An(other) Admission
Okay, so maybe I bought more books than I let on in my first confessional. But at the time of writing that post, I had only bought the six from Barnes & Noble. There were just a few more purchases between the writing and the posting.
It started with a recent DEI event at work. Being new to the company, I hadn’t had time to read the book that was being discussed——Why I’m No Longer Talking to White People About Race by Reni Eddo-Lodge——but I was almost positive I owned a copy. When I realized I didn’t, I ordered one from Thriftbooks, and then placed an order for the next book we’ll be reading——Americanah by Chimamanda Ngozi Adichie——at my favorite indie. Maybe I also ordered Diane Guerrero’s In the Country We Love while I was at it; sue me.
Then I went to the dermatologist that Friday after work. And after crying in the office about having to get an “abnormal mole” removed and then trying (and failing) to ask the doctor if I had skin cancer and if I was going to die because of said stupid fucking mole, I was feeling a little fragile. I needed a pick-me-up. And I was already only a few blocks away from the Strand.
So I wandered around and ultimately bought two more books. I felt the looming dread recede. The two dark and stormys I drank afterward (while reading!) might have helped, too.
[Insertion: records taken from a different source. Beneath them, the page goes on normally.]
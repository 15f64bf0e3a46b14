-- ===== src/Trigger/Common/Restart.antt =====
-- A trigger block that is started, stopped and started again.
use microblx.Base.{
  ℕ, suc, ◌<◌, ◌≡◌, refl, Bool, true, false, Option, none, some, List, [], ◌∷◌, arith, length, All,
}
use microblx.Base.Int.{ℤ, pos, ltb_ℤ}
use microblx.Store.{Block}
use microblx.Trigger.{Chain, is_freed, freed_stats, chain_init, chain_cleanup}
use microblx.Trigger.Ready.{Ready}
use microblx.Trigger.Init.{Targets, chain_init-Ready}
use microblx.Trigger.Common.{Settings, set_up, common_config_chains, common_unconfig}

-- The statistics of no chain are freed memory.
abbrev pub NotFreed : List Chain → Type 0
NotFreed chains = All (λ (c : Chain). is_freed c.blk_tstats ≡ false) chains

-- Chains that are ready, in the given mode.
abbrev pub Started : ℤ → List Chain → Type 0
Started mode chains = All (λ (c : Chain). Ready c × (c.tstats_mode ≡ mode)) chains

-- Starting succeeds where there is memory and every chain's triggees name allocated blocks.
pub config_chains-Started :
    (blocks : ℕ → Option Block) (s : Settings) (i : ℕ) (chains : List Chain)
    → ((j : ℕ) → Targets blocks (s.triggees j))
    → NotFreed chains
    → (chains1 : List Chain) × (common_config_chains blocks (λ _. true) s i chains
        ≡ some (pos 0, chains1))
      × (length chains1 ≡ length chains)
      × Started s.tstats_mode chains1
unfolding common_config_chains
config_chains-Started blocks s i [] targets live = ([], refl, refl, tt)
config_chains-Started blocks s i (c ∷ cs) targets live =
    let (c1, out, _, _, mode, ready) =
      chain_init-Ready blocks (some (s.chain_name i)) s.output_rate (set_up s i c) (targets i)
        live.0 in
    let (cs1, outs, same, started) = config_chains-Started blocks s (suc i) cs targets live.1 in
    (
      c1 ∷ cs1,
      rw (common_config_chains, out, outs) refl,
      omega (arith, same),
      ((ready, mode), started),
    )

freed-Ready :
    (chain : Chain)
    → Ready chain
    → ltb_ℤ chain.tstats_mode (pos 2) ≡ false
    → (chain1 : Chain) × (chain_cleanup chain ≡ some chain1) × (is_freed chain1.blk_tstats ≡ true)
unfolding chain_cleanup
freed-Ready chain ready many =
    let (sts, live, fit) = ready.fits many in
    (record chain { blk_tstats = freed_stats }, rw (chain_cleanup, live) refl, refl)

-- Stopping frees the statistics of all chains.
unconfig_lem :
    (mode : ℤ) (chains : List Chain)
    → ltb_ℤ mode (pos 2) ≡ false
    → Started mode chains
    → (chains1 : List Chain) × (common_unconfig chains ≡ some chains1)
      × (length chains1 ≡ length chains)
      × All (λ (c : Chain). is_freed c.blk_tstats ≡ true) chains1
unfolding common_unconfig
unconfig_lem mode [] many started = ([], refl, refl, tt)
unconfig_lem mode (c ∷ cs) many ((ready, same), started) =
    let (c1, out, freed) = freed-Ready c ready (rw same many) in
    let (cs1, outs, size, all) = unconfig_lem mode cs many started in
    (c1 ∷ cs1, rw (common_unconfig, out, outs) refl, omega (arith, size), (freed, all))

-- Chains whose statistics are freed cannot be started in such a mode.
config_chains_fault :
    (blocks : ℕ → Option Block) (got : ℕ → Bool) (s : Settings) (chains : List Chain)
    → ltb_ℤ s.tstats_mode (pos 2) ≡ false
    → 0 < length chains
    → All (λ (c : Chain). is_freed c.blk_tstats ≡ true) chains
    → common_config_chains blocks got s 0 chains ≡ none
unfolding common_config_chains chain_init
config_chains_fault blocks got s [] many one freed = absurd (omega arith)
config_chains_fault blocks got s (c ∷ cs) many one freed = ground (arith, freed.0)

-- With per-block statistics, so in a mode of at least 2, at least one chain, triggees that name
-- allocated blocks, and memory at hand, the chains of a trigger block can be started and stopped,
-- but starting them once more uses the statistics that were freed, whether there is memory or
-- not.
pub common_config_chains_restart :
    (blocks : ℕ → Option Block) (got : ℕ → Bool) (s : Settings) (chains : List Chain)
    → ltb_ℤ s.tstats_mode (pos 2) ≡ false
    → 0 < length chains
    → ((j : ℕ) → Targets blocks (s.triggees j))
    → NotFreed chains
    → (chains1 : List Chain) × (chains2 : List Chain) × (common_config_chains blocks
          (λ _. true)
          s
          0
          chains
        ≡ some (pos 0, chains1))
      × (common_unconfig chains1 ≡ some chains2)
      × (common_config_chains blocks got s 0 chains2 ≡ none)
common_config_chains_restart blocks got s chains many one targets live =
    let (chains1, out, size1, started) = config_chains-Started blocks s 0 chains targets live in
    let (chains2, stopped, size2, freed) = unconfig_lem s.tstats_mode chains1 many started in
    (
      chains1,
      chains2,
      out,
      stopped,
      config_chains_fault blocks got s chains2 many (omega (arith, size1, size2)) freed,
    )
(And an important update: Six days after the biopsy, I finally got the results that it was just a benign mole!!)
I thought I’d feel like a failure after all these Moratorium Library missteps, but I really don’t. All of these purchases felt good and acceptable and necessary. The challenge with this project is to buckle down and get y reading done, and to avoid temptation. But as I said with the other post, I’m human. I fuck up. I’m learning to be okay with that and to focus more on examining why I fucked up, rather than berating myself for making the choice I did.
That said, I’m going to be very good from here on out. No purchases, barring travel and/or catastrophe. More reading time. Fun blogs. Positive vibes.
Let’s get ourselves back on the wagon and keep rolling.